# Does the seat belt need to lock with a booster?



## cdiorns (Nov 30, 2011)

Hello,

I have been wanting to switch my almost 6 year old to a booster from a harness seat. We have the Britax Frontier 85 and I was planning to get her a backless booster and put her brother into the Frontier. I purchased the $13 one from walmart that had fabulous reviews from consumer reports. It fits across her lap and chest perfectly but I was a little too freaked out to go from a harness to such a little thing. So, I decided to keep her brother in his seat for a little longer and switch the frontier to booster mode. The only problem is that my daughter absolutely cannot buckle herself into the frontier in booster mode. It has been very frustrating.

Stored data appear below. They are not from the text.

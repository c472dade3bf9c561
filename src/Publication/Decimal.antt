-- ===== src/Publication/Decimal.antt =====
-- The decimal of a number: its digits, and the number that they make up.
use my.Base.{
  ℕ, zero, suc, ◌+◌, ◌-◌, ◌*◌, ◌/◌, ◌%◌, ◌≤◌, ◌<◌, ◌≡◌, refl, ◌∙◌, true, false, ◌||◌, [], ◌∷◌, ◌++◌,
  leb, if_cases, length, length-append, All, All-append, all, arith,
}
use my.Base.Text.{Text, text_eq}
use my.Publication.{digits}
use my.Bencode.{value_from, is_positive, is_natural, is_digit}

abbrev pub IsDigit : ℕ → Type 0
IsDigit c = (48 ≤ c) × (c ≤ 57)

pub digits-IsDigit : (n x : ℕ) → All IsDigit (digits n x)
unfolding digits
digits-IsDigit zero x = tt
digits-IsDigit (suc n) x =
    if_cases (All IsDigit) (leb x 9) _ _ (λ e. ((omega arith, ground arith), tt))
      (λ e.
        All-append IsDigit (digits n (x / 10)) _ (digits-IsDigit n (x / 10))
          ((omega arith, omega arith), tt))

value_last :
    (acc c : ℕ) (cs : Text) → value_from acc (cs ++ c ∷ []) ≡ 10 * value_from acc cs + (c - 48)
unfolding value_from
value_last acc c [] = refl
value_last acc c (d ∷ cs) = value_last (10 * acc + (d - 48)) c cs

-- The first number of more than `n` digits.
abbrev pub limit : ℕ → ℕ
limit zero = 1
limit (suc n) = 10 * limit n

pub value_digits : (n x : ℕ) → x < limit n → value_from 0 (digits n x) ≡ x
unfolding digits
value_digits zero x h = unfold value_from in omega arith
value_digits (suc n) x h =
    if_cases (λ t. value_from 0 t ≡ x) (leb x 9) _ _ (λ e. unfold value_from in omega arith)
      (λ e.
        value_last 0 (48 + x % 10) (digits n (x / 10))
        ∙ omega (arith, value_digits n (x / 10) (omega arith)))

pub length-digits : (n x : ℕ) → length (digits n x) ≤ n
unfolding digits
length-digits zero x = omega arith
length-digits (suc n) x =
    ground
      (arith, length-append (digits n (x / 10)) ((b'0' + x % 10) ∷ []), length-digits n (x / 10))

all-snoc :
    (xs : Text) (c : ℕ) → all is_digit xs ≡ true → IsDigit c → all is_digit (xs ++ c ∷ []) ≡ true
all-snoc [] c h d = ground arith
all-snoc (b ∷ xs) c h d = ground (arith, all-snoc xs c)

positive-snoc :
    (xs : Text) (c : ℕ) → is_positive xs ≡ true → IsDigit c → is_positive (xs ++ c ∷ []) ≡ true
unfolding is_positive
positive-snoc [] c h d = cc
positive-snoc (b ∷ xs) c h d = ground (arith, all-snoc xs c)

pub digits-positive : (n x : ℕ) → 1 ≤ x → x < limit n → is_positive (digits n x) ≡ true
unfolding digits
digits-positive zero x p h = absurd (omega arith)
digits-positive (suc n) x p h =
    if_cases (λ t. is_positive t ≡ true) (leb x 9) _ _ (λ e. unfold is_positive in ground arith)
      (λ e.
        positive-snoc (digits n (x / 10)) (b'0' + x % 10)
          (digits-positive n (x / 10) (ground arith) (omega arith)) (omega arith, omega arith))

-- The decimal of a number is in canonical form.
pub digits-natural : (n x : ℕ) → x < limit (suc n) → is_natural (digits (suc n) x) ≡ true
digits-natural n zero h = unfold digits text_eq in refl
digits-natural n (suc x) h =
    rw (digits-positive (suc n) (suc x) (omega arith) h)
      (elim (text_eq (digits (suc n) (suc x)) (b'0' ∷ [])) as (λ b. (b || true) ≡ true) [
        | true ↦ refl
        | false ↦ refl
      ])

I realized the reason she can't buckle herself is because every time I buckle her I pull all the slack out of the belt and lock it in place. If I don't lock the belt in place, she can buckle it just fine. I looked all over the user manual and I can't see anything about the necessity of locking the seat belt into place. It just says to 'remove the slack from the belt.'

So my question is: Is it necessary to lock the seat belt? I know I don't lock mine?

Thanks for any recommendations.


----------



## sunnygir1 (Oct 8, 2007)

I don't think you're supposed to lock the belt with a booster. Do you mean pull it all the way out and let it retract so it locks in a tight position like when you install a car seat? If so, that seems uncomfortable and dangerous to me. I would never wear a locked seat belt.

I have a Turbobooster for my 6yo dd, and it is great. Easier to move around than the bigger car seats that convert to booster, and still has side impact protection.


----------



## mama2soren (Feb 12, 2009)

Locking the belt is unnecessary. A child that is using a booster needs to be mature enough to sit in proper position without having to lock the belt tightly around her. Is there any reason you're choosing to go with a backless booster? A high back booster would be a more appropriate choice for a 6 year old. The Graco Turbobooster is a good option that fits most kids pretty well.

Graco also has the Affix booster, which is pretty much a Turbobooster that has LATCH anchors. The anchors do not offer your daughter more protection, but they save you the step of having to buckle in the booster even when it's empty. Unbuckled/unLATCHed boosters are a projectile hazard, which could cause injury to other occupants of the car in an accident or sudden stop. Are you willing to buckle the seatbelt around the booster for every car ride? If not, choose a LATCHing booster like the Affix.


----------



## cdiorns (Nov 30, 2011)

Thank you both for the feedback, I appreciate the quick response! I will try again without locking the seatbelt and see if she can buckle it.
Mama2soren, I bought a backless because it was so inexpensive and thought it would be fine. But when I put it in the car and she sat in it, it did not feel right, she seemed so unprotected. So I decided to keep her in the frontier, but convert it to booster mode (we had been using it in harness mode). If she still can't buckle it then I will switch back to harness mode. She still fits in harness mode just fine, but my little babe has bloomed into a social butterfly lately and I think it would be easier to have a booster that can be quickly and correctly transferred to another car.


----------